> _Activity_: Start to finish, copy the data exactly.

> _Listed records_:
==*==
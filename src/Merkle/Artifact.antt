-- ===== src/Merkle/Artifact.antt =====
-- The descriptor of a merkle checkpoint (crates/railgun-indexer-core/src/merkle_checkpoint.rs).
use railgun_indexer.Prelude.{◌+◌, ◌*◌, ◌≤◌, ◌<◌, ◌≡◌, ◌↔◌, length, some, ok, map_ok, arith, u64_mod}
use railgun_indexer.Codec.{Bytes}
use railgun_indexer.Artifact.{Range, Published, ChunkFormat, Describes, tree_position}
use railgun_indexer.Merkle.{
  Tree, MerkleCheckpointArtifact, checkpoint_root, validate_checkpoint, checkpoint_range,
  encode_merkle_checkpoint, checkpoint_envelope, prepare_merkle_checkpoint_artifact,
}

-- A checkpoint has leaves, not more than a tree holds, and as many as it says.
pub record IsValid (t : Tree) (c : MerkleCheckpointArtifact) : Type 0 where
  pub positive : 1 ≤ c.leaf_count
  pub fits : c.leaf_count ≤ t.tree_leaf_count
  pub counted : length c.leaves ≡ c.leaf_count

-- A checkpoint whose number of leaves is a u64 is accepted exactly when it is valid.
pub validate_checkpoint_lem :
    (t : Tree) (c : MerkleCheckpointArtifact)
    → length c.leaves < u64_mod
    → (validate_checkpoint t c ≡ ok tt) ↔ IsValid t c
unfolding validate_checkpoint
validate_checkpoint_lem t c h = (λ accepted. ground arith, λ v. ground arith)

module _ (t : Tree) (f : ChunkFormat) where
  open f use {ChainScope, Compression}

  -- What a prepared artifact says of its checkpoint.
  pub record Represents (c : MerkleCheckpointArtifact) (p : Published ChainScope Compression)
      : Type 0 where
    pub valid : IsValid t c
    pub describes : Describes f p
    pub rows : p.descriptor.row_count ≡ length c.leaves
    pub kind : p.descriptor.range.kind ≡ tree_position
    pub start : p.descriptor.range.start ≡ c.tree_number * t.tree_leaf_count
    pub end : p.descriptor.range.end + 1 ≡ p.descriptor.range.start + length c.leaves
    pub within : p.descriptor.range.end < (c.tree_number + 1) * t.tree_leaf_count
    pub root : p.descriptor.metadata.root ≡ some (checkpoint_root t c.leaves)
    pub tree_number : p.descriptor.metadata.tree_number ≡ some c.tree_number
    pub narrow : c.tree_number < 65536

  -- A prepared checkpoint is valid, and its descriptor has the size and digest of its bytes, the
  -- number of its leaves, its root and its tree number; its range covers exactly its leaves and
  -- stays in its tree.
  pub prepare-Represents :
      (scope : ChainScope) (c : MerkleCheckpointArtifact) (compression : Compression)
      {p : Published ChainScope Compression}
      → prepare_merkle_checkpoint_artifact t f scope c compression ≡ ok p
      → Represents c p
  unfolding prepare_merkle_checkpoint_artifact
  prepare-Represents scope c compression h = ground arith

  -- A valid checkpoint is prepared, with the bytes that the chunk format makes of it, whenever its
  -- numbers fit their types and those bytes are not too many.
  pub prepare_complete :
      (scope : ChainScope) (c : MerkleCheckpointArtifact) (compression : Compression)
      (range : Range) (payload compressed_bytes : Bytes)
      → IsValid t c
      → c.tree_number < 65536
      → c.leaf_count < u64_mod
      → checkpoint_range t c ≡ ok range
      → encode_merkle_checkpoint c (checkpoint_root t c.leaves) ≡ ok payload
      → f.encode_chunk_bytes
          (checkpoint_envelope t f scope c range payload (length payload))
          compression
        ≡ ok compressed_bytes
      → length compressed_bytes < u64_mod
      → length compressed_bytes ≤ f.max_compressed_chunk_bytes
      → map_ok
          (λ p. p.compressed_bytes)
          (prepare_merkle_checkpoint_artifact t f scope c compression)
        ≡ ok compressed_bytes
  unfolding prepare_merkle_checkpoint_artifact
  prepare_complete scope c compression range payload compressed_bytes v n nl er ep ec hl hm =
      ground arith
==*==
> _Answer area_:
filename src/Merkle/Artifact.antt
-- ===== src/Merkle/Artifact.antt =====
-- The descriptor of a merkle checkpoint (crates/railgun-indexer-core/src/merkle_checkpoint.rs).
use railgun_indexer.Prelude.{◌+◌, ◌*◌, ◌≤◌, ◌<◌, ◌≡◌, ◌↔◌, length, some, ok, map_ok, arith, u64_mod}
use railgun_indexer.Codec.{Bytes}
use railgun_indexer.Artifact.{Range, Published, ChunkFormat, Describes, tree_position}
use railgun_indexer.Merkle.{
  Tree, MerkleCheckpointArtifact, checkpoint_root, validate_checkpoint, checkpoint_range,
  encode_merkle_checkpoint, checkpoint_envelope, prepare_merkle_checkpoint_artifact,
}

-- A checkpoint has leaves, not more than a tree holds, and as many as it says.
pub record IsValid (t : Tree) (c : MerkleCheckpointArtifact) : Type 0 where
  pub positive : 1 ≤ c.leaf_count
  pub fits : c.leaf_count ≤ t.tree_leaf_count
  pub counted : length c.leaves ≡ c.leaf_count

-- A checkpoint whose number of leaves is a u64 is accepted exactly when it is valid.
pub validate_checkpoint_lem :
    (t : Tree) (c : MerkleCheckpointArtifact)
    → length c.leaves < u64_mod
    → (validate_checkpoint t c ≡ ok tt) ↔ IsValid t c
unfolding validate_checkpoint
validate_checkpoint_lem t c h = (λ accepted. ground arith, λ v. ground arith)

module _ (t : Tree) (f : ChunkFormat) where
  open f use {ChainScope, Compression}

  -- What a prepared artifact says of its checkpoint.
  pub record Represents (c : MerkleCheckpointArtifact) (p : Published ChainScope Compression)
      : Type 0 where
    pub valid : IsValid t c
    pub describes : Describes f p
    pub rows : p.descriptor.row_count ≡ length c.leaves
    pub kind : p.descriptor.range.kind ≡ tree_position
    pub start : p.descriptor.range.start ≡ c.tree_number * t.tree_leaf_count
    pub end : p.descriptor.range.end + 1 ≡ p.descriptor.range.start + length c.leaves
    pub within : p.descriptor.range.end < (c.tree_number + 1) * t.tree_leaf_count
    pub root : p.descriptor.metadata.root ≡ some (checkpoint_root t c.leaves)
    pub tree_number : p.descriptor.metadata.tree_number ≡ some c.tree_number
    pub narrow : c.tree_number < 65536

  -- A prepared checkpoint is valid, and its descriptor has the size and digest of its bytes, the
  -- number of its leaves, its root and its tree number; its range covers exactly its leaves and
  -- stays in its tree.
  pub prepare-Represents :
      (scope : ChainScope) (c : MerkleCheckpointArtifact) (compression : Compression)
      {p : Published ChainScope Compression}
      → prepare_merkle_checkpoint_artifact t f scope c compression ≡ ok p
      → Represents c p
  unfolding prepare_merkle_checkpoint_artifact
  prepare-Represents scope c compression h = ground arith

  -- A valid checkpoint is prepared, with the bytes that the chunk format makes of it, whenever its
  -- numbers fit their types and those bytes are not too many.
  pub prepare_complete :
      (scope : ChainScope) (c : MerkleCheckpointArtifact) (compression : Compression)
      (range : Range) (payload compressed_bytes : Bytes)
      → IsValid t c
      → c.tree_number < 65536
      → c.leaf_count < u64_mod
      → checkpoint_range t c ≡ ok range
      → encode_merkle_checkpoint c (checkpoint_root t c.leaves) ≡ ok payload
      → f.encode_chunk_bytes
          (checkpoint_envelope t f scope c range payload (length payload))
          compression
        ≡ ok compressed_bytes
      → length compressed_bytes < u64_mod
      → length compressed_bytes ≤ f.max_compressed_chunk_bytes
      → map_ok
          (λ p. p.compressed_bytes)
          (prepare_merkle_checkpoint_artifact t f scope c compression)
        ≡ ok compressed_bytes
  unfolding prepare_merkle_checkpoint_artifact
  prepare_complete scope c compression range payload compressed_bytes v n nl er ep ec hl hm =
      ground arith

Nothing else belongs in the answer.